• _WHAT IS BEING ASKED_: Your answer must be every line of the data below that holds the string "texts", copied exactly.

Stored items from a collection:
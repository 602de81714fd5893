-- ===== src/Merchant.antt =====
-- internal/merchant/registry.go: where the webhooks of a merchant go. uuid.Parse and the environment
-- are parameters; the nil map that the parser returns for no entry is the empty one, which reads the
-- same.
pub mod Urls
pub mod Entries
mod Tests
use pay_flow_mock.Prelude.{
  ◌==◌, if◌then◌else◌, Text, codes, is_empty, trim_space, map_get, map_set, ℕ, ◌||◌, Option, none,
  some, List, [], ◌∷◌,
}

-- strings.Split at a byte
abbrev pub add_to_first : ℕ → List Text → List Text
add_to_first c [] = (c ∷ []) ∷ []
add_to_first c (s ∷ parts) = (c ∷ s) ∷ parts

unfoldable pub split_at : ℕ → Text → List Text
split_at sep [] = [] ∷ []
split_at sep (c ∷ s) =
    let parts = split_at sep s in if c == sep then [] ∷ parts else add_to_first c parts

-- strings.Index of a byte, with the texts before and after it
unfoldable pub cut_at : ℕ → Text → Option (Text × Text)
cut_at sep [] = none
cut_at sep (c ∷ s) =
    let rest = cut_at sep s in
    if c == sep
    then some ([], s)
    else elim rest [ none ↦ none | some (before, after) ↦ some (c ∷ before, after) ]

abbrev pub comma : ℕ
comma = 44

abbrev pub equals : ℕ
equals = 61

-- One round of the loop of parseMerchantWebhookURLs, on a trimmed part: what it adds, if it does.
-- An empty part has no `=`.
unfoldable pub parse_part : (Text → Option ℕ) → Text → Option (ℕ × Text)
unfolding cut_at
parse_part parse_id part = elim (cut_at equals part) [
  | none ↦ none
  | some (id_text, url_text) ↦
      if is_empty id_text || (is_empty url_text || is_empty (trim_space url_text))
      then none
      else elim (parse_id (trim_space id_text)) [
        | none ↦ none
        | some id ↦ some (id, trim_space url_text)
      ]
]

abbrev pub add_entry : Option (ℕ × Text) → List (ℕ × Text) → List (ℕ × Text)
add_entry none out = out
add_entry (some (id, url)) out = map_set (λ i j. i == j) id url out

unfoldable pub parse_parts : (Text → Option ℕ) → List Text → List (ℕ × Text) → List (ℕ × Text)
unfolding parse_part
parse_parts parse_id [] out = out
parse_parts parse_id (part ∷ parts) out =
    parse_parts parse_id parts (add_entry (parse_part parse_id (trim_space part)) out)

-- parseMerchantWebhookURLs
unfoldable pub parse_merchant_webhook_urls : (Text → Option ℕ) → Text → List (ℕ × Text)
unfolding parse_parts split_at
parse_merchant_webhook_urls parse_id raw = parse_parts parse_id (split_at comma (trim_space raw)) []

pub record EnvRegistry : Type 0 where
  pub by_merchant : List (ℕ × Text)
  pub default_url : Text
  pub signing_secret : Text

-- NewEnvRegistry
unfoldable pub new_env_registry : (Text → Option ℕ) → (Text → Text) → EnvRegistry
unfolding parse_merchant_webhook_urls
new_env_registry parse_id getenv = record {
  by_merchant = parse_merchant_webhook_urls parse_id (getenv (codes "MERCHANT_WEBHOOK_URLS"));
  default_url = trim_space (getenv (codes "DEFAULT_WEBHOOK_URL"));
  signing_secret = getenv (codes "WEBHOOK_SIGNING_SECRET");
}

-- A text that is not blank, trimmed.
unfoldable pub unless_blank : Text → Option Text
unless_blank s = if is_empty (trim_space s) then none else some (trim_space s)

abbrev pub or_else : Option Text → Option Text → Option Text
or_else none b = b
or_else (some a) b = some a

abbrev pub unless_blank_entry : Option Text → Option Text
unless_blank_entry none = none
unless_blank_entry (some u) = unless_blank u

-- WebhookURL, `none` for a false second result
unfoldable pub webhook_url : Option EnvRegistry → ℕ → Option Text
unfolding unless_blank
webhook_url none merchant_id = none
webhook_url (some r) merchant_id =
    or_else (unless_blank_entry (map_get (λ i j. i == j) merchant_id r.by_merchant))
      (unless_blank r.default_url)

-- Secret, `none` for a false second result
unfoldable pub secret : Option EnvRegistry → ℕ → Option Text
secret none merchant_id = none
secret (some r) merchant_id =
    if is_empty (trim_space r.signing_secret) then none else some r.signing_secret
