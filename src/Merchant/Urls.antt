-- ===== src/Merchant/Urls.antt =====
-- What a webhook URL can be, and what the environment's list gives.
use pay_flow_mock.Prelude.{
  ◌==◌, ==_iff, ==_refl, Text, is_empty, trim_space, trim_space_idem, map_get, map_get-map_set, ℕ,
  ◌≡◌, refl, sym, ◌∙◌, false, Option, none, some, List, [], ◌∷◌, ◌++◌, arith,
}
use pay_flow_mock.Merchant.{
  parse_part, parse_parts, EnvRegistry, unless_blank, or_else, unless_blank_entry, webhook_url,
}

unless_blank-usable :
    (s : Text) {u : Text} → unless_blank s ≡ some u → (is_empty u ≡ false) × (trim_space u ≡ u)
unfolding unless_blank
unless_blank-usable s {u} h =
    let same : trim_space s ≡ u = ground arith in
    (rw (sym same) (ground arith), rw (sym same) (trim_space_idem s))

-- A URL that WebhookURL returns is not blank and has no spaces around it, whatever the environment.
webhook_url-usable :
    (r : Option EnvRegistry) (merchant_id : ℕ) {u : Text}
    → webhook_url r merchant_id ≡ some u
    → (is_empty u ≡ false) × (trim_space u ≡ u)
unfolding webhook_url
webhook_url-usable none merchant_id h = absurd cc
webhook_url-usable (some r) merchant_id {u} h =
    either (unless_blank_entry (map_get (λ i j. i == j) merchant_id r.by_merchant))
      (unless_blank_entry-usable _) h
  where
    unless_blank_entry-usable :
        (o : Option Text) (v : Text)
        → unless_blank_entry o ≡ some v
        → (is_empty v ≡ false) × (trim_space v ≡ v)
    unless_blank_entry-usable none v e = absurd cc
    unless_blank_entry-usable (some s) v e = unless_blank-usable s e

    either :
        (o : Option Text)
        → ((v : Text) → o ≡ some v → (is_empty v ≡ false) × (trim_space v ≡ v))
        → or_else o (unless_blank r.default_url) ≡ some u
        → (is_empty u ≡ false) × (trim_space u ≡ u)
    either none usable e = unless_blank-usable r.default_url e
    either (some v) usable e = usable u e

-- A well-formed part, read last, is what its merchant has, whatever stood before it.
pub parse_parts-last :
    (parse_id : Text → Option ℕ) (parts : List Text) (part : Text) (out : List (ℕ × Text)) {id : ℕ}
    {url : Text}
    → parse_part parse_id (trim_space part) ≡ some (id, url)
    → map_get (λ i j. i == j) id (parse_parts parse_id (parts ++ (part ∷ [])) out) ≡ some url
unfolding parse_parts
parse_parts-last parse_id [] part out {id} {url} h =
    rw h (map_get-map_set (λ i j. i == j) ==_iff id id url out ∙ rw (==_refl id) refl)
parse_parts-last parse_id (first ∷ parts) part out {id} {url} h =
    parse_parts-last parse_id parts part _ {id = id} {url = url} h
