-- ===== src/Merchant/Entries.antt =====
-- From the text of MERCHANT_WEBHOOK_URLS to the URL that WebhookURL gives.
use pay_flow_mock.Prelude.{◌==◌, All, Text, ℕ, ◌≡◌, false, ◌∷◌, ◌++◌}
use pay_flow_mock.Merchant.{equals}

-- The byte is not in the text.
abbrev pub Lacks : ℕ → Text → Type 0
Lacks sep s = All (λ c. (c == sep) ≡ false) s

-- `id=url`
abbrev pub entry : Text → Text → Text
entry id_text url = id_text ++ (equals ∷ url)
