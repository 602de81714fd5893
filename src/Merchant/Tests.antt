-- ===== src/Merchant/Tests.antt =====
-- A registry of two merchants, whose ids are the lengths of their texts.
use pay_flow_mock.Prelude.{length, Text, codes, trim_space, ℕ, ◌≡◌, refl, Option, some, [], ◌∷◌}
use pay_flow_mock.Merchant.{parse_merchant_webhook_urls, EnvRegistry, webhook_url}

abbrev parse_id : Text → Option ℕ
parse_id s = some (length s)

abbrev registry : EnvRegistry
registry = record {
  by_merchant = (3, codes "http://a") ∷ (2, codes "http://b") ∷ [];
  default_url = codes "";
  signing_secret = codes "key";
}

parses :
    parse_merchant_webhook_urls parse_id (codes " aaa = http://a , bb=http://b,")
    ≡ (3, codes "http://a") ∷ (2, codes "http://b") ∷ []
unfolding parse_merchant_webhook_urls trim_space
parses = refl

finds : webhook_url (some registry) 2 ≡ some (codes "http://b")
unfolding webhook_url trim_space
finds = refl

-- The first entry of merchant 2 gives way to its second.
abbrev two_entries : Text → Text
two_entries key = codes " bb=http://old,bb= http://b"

• _EXERCISE SOLUTION_:
-- strings.Index of a byte, with the texts before and after it
-- A registry of two merchants, whose ids are the lengths of their texts.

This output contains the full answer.